# Performance difference between 33" & 36" wheels ?



## BrokeCurmudgeon (Feb 8, 2016)

I am having some derailment troubles with a few of my rolling stock as they transverse Kato Turnouts. I am wondering if the size of the wheels may be the reason. I cannot readily tell the difference between 33" and 36" wheels. as my vision is poor. Any comments and or suggestion would be greatly appreciated!


----------



## wvgca (Jan 21, 2013)

I'm just guessing, but I doubt wheel size would make a difference between derailing or not ..I would probably first check to make sure the trucks swivel easily, with one being maybe a quarter turn 'looser' than the other, to allow for possible height changes between one side of the track to the other


----------



## Bwells (Mar 30, 2014)

Normally, 33" is for freight and 36" is for passenger, sort of.

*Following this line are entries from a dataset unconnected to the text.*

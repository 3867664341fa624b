-- ===== src/Engine/Path/Unique.antt =====
-- The indexed addresses of engine/path.go, taken apart.
use mathlib.Core.List.{append_cancel_left}
use mathlib.Core.Bool.{false≢true}
use awf.Prelude.{
  ℕ, ◌≡◌, ◌≢◌, refl, sym, ◌∙◌, ap, Bytes, codes, ◌++◌, ◌∷◌, arith, String, false, bytes_eq,
  bytes_eq_iff,
}
use awf.Prelude.Decimal.{itoa, itoa-injective}
use awf.Engine.Path.{iter_path, attempt_path, item_path, round_path, parent_path}
use awf.Engine.Path.Parent.{parent_path-segment, IsSegment, indexed}

-- Of two addresses with one more segment each, the fronts are equal and the segments are.
segment_unique :
    (p q s t : Bytes)
    → IsSegment s
    → IsSegment t
    → p ++ b'.' ∷ s ≡ q ++ b'.' ∷ t
    → (p ≡ q) × (s ≡ t)
segment_unique p q s t hs ht e =
    let fronts = sym (parent_path-segment p s hs) ∙ ap parent_path e ∙ parent_path-segment q t ht in
    let front : p ≡ q = cc fronts in
    let same : p ++ b'.' ∷ s ≡ p ++ b'.' ∷ t = e ∙ ap (λ r. r ++ b'.' ∷ t) (sym front) in
    (front, cc (append_cancel_left p (b'.' ∷ s) (b'.' ∷ t) same))

pub data AddressKind : Type 0 where
  iteration attempt item round : AddressKind

-- The address of the n-th iteration, attempt, item or round of a node.
abbrev pub address : AddressKind → Bytes → ℕ → Bytes
address iteration = iter_path
address attempt = attempt_path
address item = item_path
address round = round_path

prefix : AddressKind → String
prefix iteration = "iter-"
prefix attempt = "attempt-"
prefix item = "item-"
prefix round = "round-"

prefix-IsSegment : (k : AddressKind) → IsSegment (codes (prefix k))
unfolding prefix
prefix-IsSegment iteration = ground arith
prefix-IsSegment attempt = ground arith
prefix-IsSegment item = ground arith
prefix-IsSegment round = ground arith

address-prefix :
    (k : AddressKind) (p : Bytes) (n : ℕ) → address k p n ≡ p ++ b'.' ∷ (codes (prefix k) ++ itoa n)
unfolding prefix iter_path attempt_path item_path round_path
address-prefix iteration p n = refl
address-prefix attempt p n = refl
address-prefix item p n = refl
address-prefix round p n = refl

-- Two segments that begin differently are two segments.
differ : (xs ys : Bytes) → bytes_eq xs ys ≡ false → xs ≢ ys
differ xs ys h e = false≢true (sym h ∙ (bytes_eq_iff xs ys).1 e)

-- Two numbered segments of different kinds differ.
kinds_equal :
    (k l : AddressKind) (m n : ℕ) → codes (prefix k) ++ itoa m ≡ codes (prefix l) ++ itoa n → k ≡ l
unfolding prefix bytes_eq
kinds_equal iteration iteration m n e = refl
kinds_equal attempt attempt m n e = refl
kinds_equal item item m n e = refl
kinds_equal round round m n e = refl
kinds_equal iteration attempt m n e = absurd (differ _ _ refl e)
kinds_equal iteration item m n e = absurd (differ _ _ refl e)
kinds_equal iteration round m n e = absurd (differ _ _ refl e)
kinds_equal attempt iteration m n e = absurd (differ _ _ refl e)
kinds_equal attempt item m n e = absurd (differ _ _ refl e)
kinds_equal attempt round m n e = absurd (differ _ _ refl e)
kinds_equal item iteration m n e = absurd (differ _ _ refl e)
kinds_equal item attempt m n e = absurd (differ _ _ refl e)
kinds_equal item round m n e = absurd (differ _ _ refl e)
kinds_equal round iteration m n e = absurd (differ _ _ refl e)
kinds_equal round attempt m n e = absurd (differ _ _ refl e)
kinds_equal round item m n e = absurd (differ _ _ refl e)

same_index :
    (k l : AddressKind) (m n : ℕ)
    → k ≡ l
    → codes (prefix k) ++ itoa m ≡ codes (prefix l) ++ itoa n
    → m ≡ n
same_index k l m n same e = itoa-injective m n (
    append_cancel_left (codes (prefix k)) (itoa m) (itoa n)
      (e ∙ ap (λ j. codes (prefix j) ++ itoa n) (sym same)))

-- The address of an iteration, an attempt, an item or a round determines which of the four it is,
-- the node and the index.
pub address_unique :
    (k l : AddressKind) (p q : Bytes) (m n : ℕ)
    → address k p m ≡ address l q n
    → (k ≡ l) × (p ≡ q) × (m ≡ n)
address_unique k l p q m n e =
    let left = indexed (prefix k) m (prefix-IsSegment k) in
    let right = indexed (prefix l) n (prefix-IsSegment l) in
    let spelled = sym (address-prefix k p m) ∙ e ∙ address-prefix l q n in
    let both = segment_unique p q _ _ left right spelled in
    let same = kinds_equal k l m n both.1 in (same, both.0, same_index k l m n same both.1)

Possibly the flanges are to large for the code of rail you are using.


----------



## santafealltheway (Nov 27, 2012)

Like bwells said, The flange is probably too large.

I've had good luck with hitting the flange with a dremmel on some of my old tyco wheels.
Just chuck up a sanding drum, and hit the wheels while they're still in the truck, they'll spin around as they get filed down.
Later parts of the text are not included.